As mentioned above, well water is just fine to use- it looks like roughly a gallon bowl, so you would want to be doing 1 50% and 1 100% water change per week, as in the smaller bowls/tanks the ammonia and nitrate/ites can build up rather quickly. 
Temp/heater has already been covered 
It is a cute set up, but just to let you know, if you do ever upgrade, keep in mind these guys really appreciate and love having plants (real or fake) to hide in/sleep on, as well as most enjoy a cave of sorts to hide in. He seems to be up front and center, so he isn't shy  Which is good, means you could probably get away with the openess easier. 
Wish you the best


----------



## zepherina (Nov 21, 2011)

lmao, i think my camera was actually pissing him off.

but he dose come up to the bowl when i go near it.
but my cousin has a little tank she used for her first betta, after that one passed away, she got a new betta and upgraded to a much bigger tank, so i think ill go ahead and use the tank so it filers the water and there will be more room for me to add things, like a little hiding home and a plant or two.

i need to head to the pet store cause my rat needs more food, so ill look at the stuff they have there. i read somewhere betta can eat brine shrimp and bloodworms, anyone ever feed their betta this? and if theres must of a difference between the betta flakes or fish/worms?


----------



## nel3 (May 29, 2011)

bettafish15 said:


> I think it's a PH over 8, but I'm not 100% sure.

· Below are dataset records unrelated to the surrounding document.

-- ===== src/Application/Idempotence/Entry.antt =====
-- crates/application/src/services/publication.rs: what `accept` leaves when it succeeds, with new material and with a
-- key that is already bound.
use quantalithos_bus.Base.{ℕ, ◌≡◌, refl, ◌∙◌, true, Option, none, some, List, arith, ok}
use quantalithos_bus.Base.Actions.{map_err}
use quantalithos_bus.Base.Maps.{get, text_key, id_key, pair_key}
use quantalithos_bus.Contracts.Core.{Core}
use quantalithos_bus.Contracts.Status.{PublicationAcceptanceStatus}
use quantalithos_bus.Contracts.Inputs.{AcceptPublicationCommand}
use quantalithos_bus.Contracts.Receipts.{PublicationAcceptanceResult}
use quantalithos_bus.Domain.Idempotency.Scope.{IdempotencyScope, for_accept_publication_command}
use quantalithos_bus.Domain.Idempotency.Digest.{
  IdempotencyAnchor, RequestDigest, RecordRef, matches, from_request,
}
use quantalithos_bus.Domain.Publication.Acceptance.{PublicationAcceptance}
use quantalithos_bus.Domain.Publication.Material.{PublicationMaterial}
use quantalithos_bus.Application.Ports.{RepositoryError, UnitOfWorkPurpose}
use quantalithos_bus.Application.Errors.From.{from_domain, from_repository}
use quantalithos_bus.Infra.Store.{MemoryStore, anchor_key}
use quantalithos_bus.Application.Services.Publication.{corrupted, load_existing_result}
use quantalithos_bus.Application.Idempotence.Accepted.{Accepted, Ensures-accepted_result}
use quantalithos_bus.Application.Triples.{Ensures, Ensures-bind, Ensures-bind_lift, Ensures-pure}
use quantalithos_bus.Application.Services.Publication.{
  result_of_status, load_bound_result, rejected_result, begin_idempotency_conflict,
}
use quantalithos_bus.Application.Services.Publication.Accept.{
  idempotency_key, replay_result, answer_bound, decide_new, accept_found, accept_publication,
}
use quantalithos_bus.Application.Services.{from_store}
use quantalithos_bus.Application.Idempotence.Accepted.{Bound}
use quantalithos_bus.Application.Idempotence.Decided.{Ensures-decision}
use quantalithos_bus.Application.Atomicity.{ok_injective}
use quantalithos_bus.Application.Triples.{
  mapped, Ensures-weaken_result, Ensures-map_err, Ensures-if, Ensures-raise, Ensures-after,
  Ensures-bind_some_or,
}
use quantalithos_bus.Infra.Store.Queries.{idempotency_anchor, publication}
use quantalithos_bus.Infra.System.Repositories.{idempotency_find, publication_get}
use quantalithos_bus.Contracts.Status.{acceptance_eq}
use quantalithos_bus.Contracts.Metadata.{PublicationId}
use quantalithos_bus.Contracts.Inputs.{AcceptPublicationCommand}
use quantalithos_bus.Domain.Idempotency.Scope.{for_accept_publication_command}

module _ ⦃core : Core⦄ where
  open core use {ActorContext, TraceId, IdempotencyKey, CommandMetadata, request_idempotency_key}

  Ensures-find :
      (P : MemoryStore → Type 0) (scope : IdempotencyScope) (key : IdempotencyKey)
      → Ensures P
          (from_store (idempotency_find scope key))
          (λ o s. get ⦃key = anchor_key⦄ (scope, key) s.anchors ≡ o)
  unfolding from_store idempotency_find idempotency_anchor
  Ensures-find P scope key =
      Ensures-map_err P _ from_repository (idempotency_find scope key)
        (record { at = λ s p o done. ok_injective {E = RepositoryError} _ o done })

  Ensures-get :
      (P : MemoryStore → Type 0) (id : PublicationId)
      → Ensures P (from_store (publication_get id)) (λ o s. P s × (get id s.publications ≡ o))
  unfolding from_store publication_get publication
  Ensures-get P id =
      Ensures-map_err P _ from_repository (publication_get id)
        (record { at = λ s p o done. (p, ok_injective {E = RepositoryError} _ o done) })

  -- What the anchor that is found and matches gives.
  Replayed :
      (scope : IdempotencyScope) (key : IdempotencyKey) (digest : RequestDigest)
      → PublicationAcceptanceResult
      → MemoryStore
      → Type 0
  Replayed scope key digest r s =
      r.acceptance_status ≡ PublicationAcceptanceStatus.accepted → Accepted scope key digest r s

  acceptance_eq_sound :
      (status : PublicationAcceptanceStatus)
      → acceptance_eq status PublicationAcceptanceStatus.accepted ≡ true
      → status ≡ PublicationAcceptanceStatus.accepted
  acceptance_eq_sound PublicationAcceptanceStatus.accepted e = refl
  acceptance_eq_sound PublicationAcceptanceStatus.rejected e = ground arith
  acceptance_eq_sound PublicationAcceptanceStatus.pending e = ground arith

  module _ (scope : IdempotencyScope) (key : IdempotencyKey) (digest : RequestDigest) where
    Ensures-result_of_status :
        (P : MemoryStore → Type 0) (status : PublicationAcceptanceStatus)
        (a : PublicationAcceptance)
        → ((s : MemoryStore) → P s → Bound scope key digest a s)
        → a.status ≡ status
        → Ensures P (result_of_status status a) (Replayed scope key digest)
    unfolding result_of_status rejected_result Replayed
    Ensures-result_of_status P PublicationAcceptanceStatus.accepted a bound status =
        Ensures-weaken_result P _ _ _ (λ r s h e. h)
          (Ensures-accepted_result P scope key digest a bound status)
    Ensures-result_of_status P PublicationAcceptanceStatus.rejected a bound status =
        Ensures-bind_some_or P _ corrupted a.reject_reason _ (λ reason eq.
          Ensures-bind_some_or P _ corrupted a.decision_audit_ref _
            (λ ref audited. Ensures-pure P _ _ (λ s p e. cc)))
    Ensures-result_of_status P PublicationAcceptanceStatus.pending a bound status =
        Ensures-raise P _ corrupted

    Ensures-load :
        (b : IdempotencyAnchor) (record_ref : RecordRef)
        → matches b digest ≡ true
        → b.bound_record_ref ≡ record_ref
        → Ensures
            (λ s. get ⦃key = anchor_key⦄ (scope, key) s.anchors ≡ some b)
            (load_bound_result record_ref)
            (Replayed scope key digest)
    unfolding load_bound_result
    Ensures-load b (RecordRef.feedback id) same bound = Ensures-raise _ _ corrupted
    Ensures-load b (RecordRef.publication id) same bound =
        let P : MemoryStore → Type 0 =
          λ s. get ⦃key = anchor_key⦄ (scope, key) s.anchors ≡ some b in
        Ensures-bind P _ _ _ _ (Ensures-get P id) (λ o.
          Ensures-bind_some_or _ _ corrupted o _ (λ a eq.
            Ensures-result_of_status _ a.status a
              (λ s p. record {
                anchor = b;
                id = id;
                found = p.0;
                digested = same;
                bound = bound;
                stored = p.1 ∙ eq;
              })
              refl))

    Ensures-replay_result :
        (r : PublicationAcceptanceResult)
        → Ensures
            (Replayed scope key digest r)
            (replay_result (λ a. a) r)
            (Accepted scope key digest)
    unfolding replay_result Replayed
    Ensures-replay_result r =
        Ensures-if _ _ (acceptance_eq r.acceptance_status PublicationAcceptanceStatus.accepted) _ _
          (λ e. Ensures-pure _ _ r (λ s p. p (acceptance_eq_sound r.acceptance_status e)))
          (λ e. Ensures-raise _ _ _)

    Ensures-answer_bound :
        (purpose : UnitOfWorkPurpose) (b : IdempotencyAnchor) (actor : ActorContext)
        (trace_ref : TraceId)
        → Ensures
            (λ s. get ⦃key = anchor_key⦄ (scope, key) s.anchors ≡ some b)
            (answer_bound purpose (λ r. r) scope key b digest actor trace_ref)
            (Accepted scope key digest)
    unfolding answer_bound load_existing_result begin_idempotency_conflict
    Ensures-answer_bound purpose b actor trace_ref =
        Ensures-if _ _ (matches b digest) _ _
          (λ same.
            Ensures-bind _ _ _ _ _ (Ensures-load b b.bound_record_ref same refl)
              Ensures-replay_result)
          (λ other. search (Ensures-after, Ensures-raise) depth 20)

    Ensures-decide_new :
        (purpose : UnitOfWorkPurpose) (m : PublicationMaterial) (p : PublicationAcceptance)
        (actor : ActorContext) (trace_ref : TraceId)
        → Ensures
            (λ s. Unit {0})
            (decide_new purpose m p actor trace_ref digest scope key)
            (Accepted scope key digest)
    unfolding decide_new
    Ensures-decide_new purpose m p actor trace_ref =
        search (Ensures-if, Ensures-after, Ensures-raise, Ensures-decision) depth 20

    Ensures-accept_found :
        (o : Option IdempotencyAnchor) (c : AcceptPublicationCommand) (actor : ActorContext)
        (meta : CommandMetadata)
        → Ensures
            (λ s. get ⦃key = anchor_key⦄ (scope, key) s.anchors ≡ o)
            (accept_found o c actor meta digest scope key)
            (Accepted scope key digest)
    unfolding accept_found
    Ensures-accept_found (some b) c actor meta =
        Ensures-answer_bound UnitOfWorkPurpose.accept_publication b actor _
    Ensures-accept_found none c actor meta = search (Ensures-after, Ensures-decide_new) depth 10

  -- `r` is the result of the acceptance that is bound to this key, which was of this command.
  pub record Answered (to_vec : AcceptPublicationCommand → Option (List ℕ))
      (c : AcceptPublicationCommand) (found : Option IdempotencyKey)
      (r : PublicationAcceptanceResult) (s : MemoryStore) : Type 0 where
    pub key : IdempotencyKey
    pub digest : RequestDigest
    pub keyed : found ≡ some key
    pub made : from_request to_vec c ≡ ok digest
    pub accepted : Accepted (for_accept_publication_command c) key digest r s

  pub Ensures-accept_publication :
      (to_vec : AcceptPublicationCommand → Option (List ℕ)) (c : AcceptPublicationCommand)
      (actor : ActorContext) (meta : CommandMetadata)
      → Ensures
          (λ s. Unit {0})
          (accept_publication to_vec c actor meta)
          (Answered to_vec c (request_idempotency_key meta))
  unfolding accept_publication idempotency_key
  Ensures-accept_publication to_vec c actor meta =
      let scope = for_accept_publication_command c in
      let R = Answered to_vec c (request_idempotency_key meta) in
      Ensures-bind_some_or (λ s. Unit {0}) R _ (request_idempotency_key meta) _
        (λ k keyed.
          Ensures-bind_lift (λ s. Unit {0}) R (map_err from_domain (from_request to_vec c)) _
            (λ g made.
              let Q : Option IdempotencyAnchor → MemoryStore → Type 0 =
                λ o s. get ⦃key = anchor_key⦄ (scope, k) s.anchors ≡ o in
              Ensures-bind (λ s. Unit {0}) Q R (from_store (idempotency_find scope k)) _
                (Ensures-find (λ s. Unit {0}) scope k)
                (λ o.
                  Ensures-weaken_result _ _ _ _
                    (λ r s accepted. record {
                      key = k;
                      digest = g;
                      keyed = keyed;
                      made = mapped from_domain (from_request to_vec c) g made;
                      accepted = accepted;
                    })
                    (Ensures-accept_found scope k g o c actor meta))))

thank you Bettafish, ive tested the unconditioned water for hardeness: GH 140ppm, KH 70ppm the ph is around 7.6 (nutrafin 6.0-7.6 kit), API 7.4 ph low range, high range 7.4


----------



## cadi731 (Mar 9, 2011)

Your fish is really cute. O: My sister had one just like him, I think.
I like the bowl. My sister also has the same exact bowl. xD The gravel and the big marble like thing in the middle looks really cool.


----------



## zepherina (Nov 21, 2011)

thank you! i actually went out a splurged on him he has a much bigger home now.


----------



## Rosso1011 (Nov 13, 2011)

zepherina said:


> lmao, i think my camera was actually pissing him off.
> 
> but he dose come up to the bowl when i go near it.
> but my cousin has a little tank she used for her first betta, after that one passed away, she got a new betta and upgraded to a much bigger tank, so i think ill go ahead and use the tank so it filers the water and there will be more room for me to add things, like a little hiding home and a plant or two.
> ...



My guy does the same thing with cameras or me o.o. He'll puff himself up real big. As for the food, you've got the right idea. Definitely try the frozen stuff and not the freeze dried. It's better for them and some bettas, like my Rosso, will turn their nose up at freeze dried foods.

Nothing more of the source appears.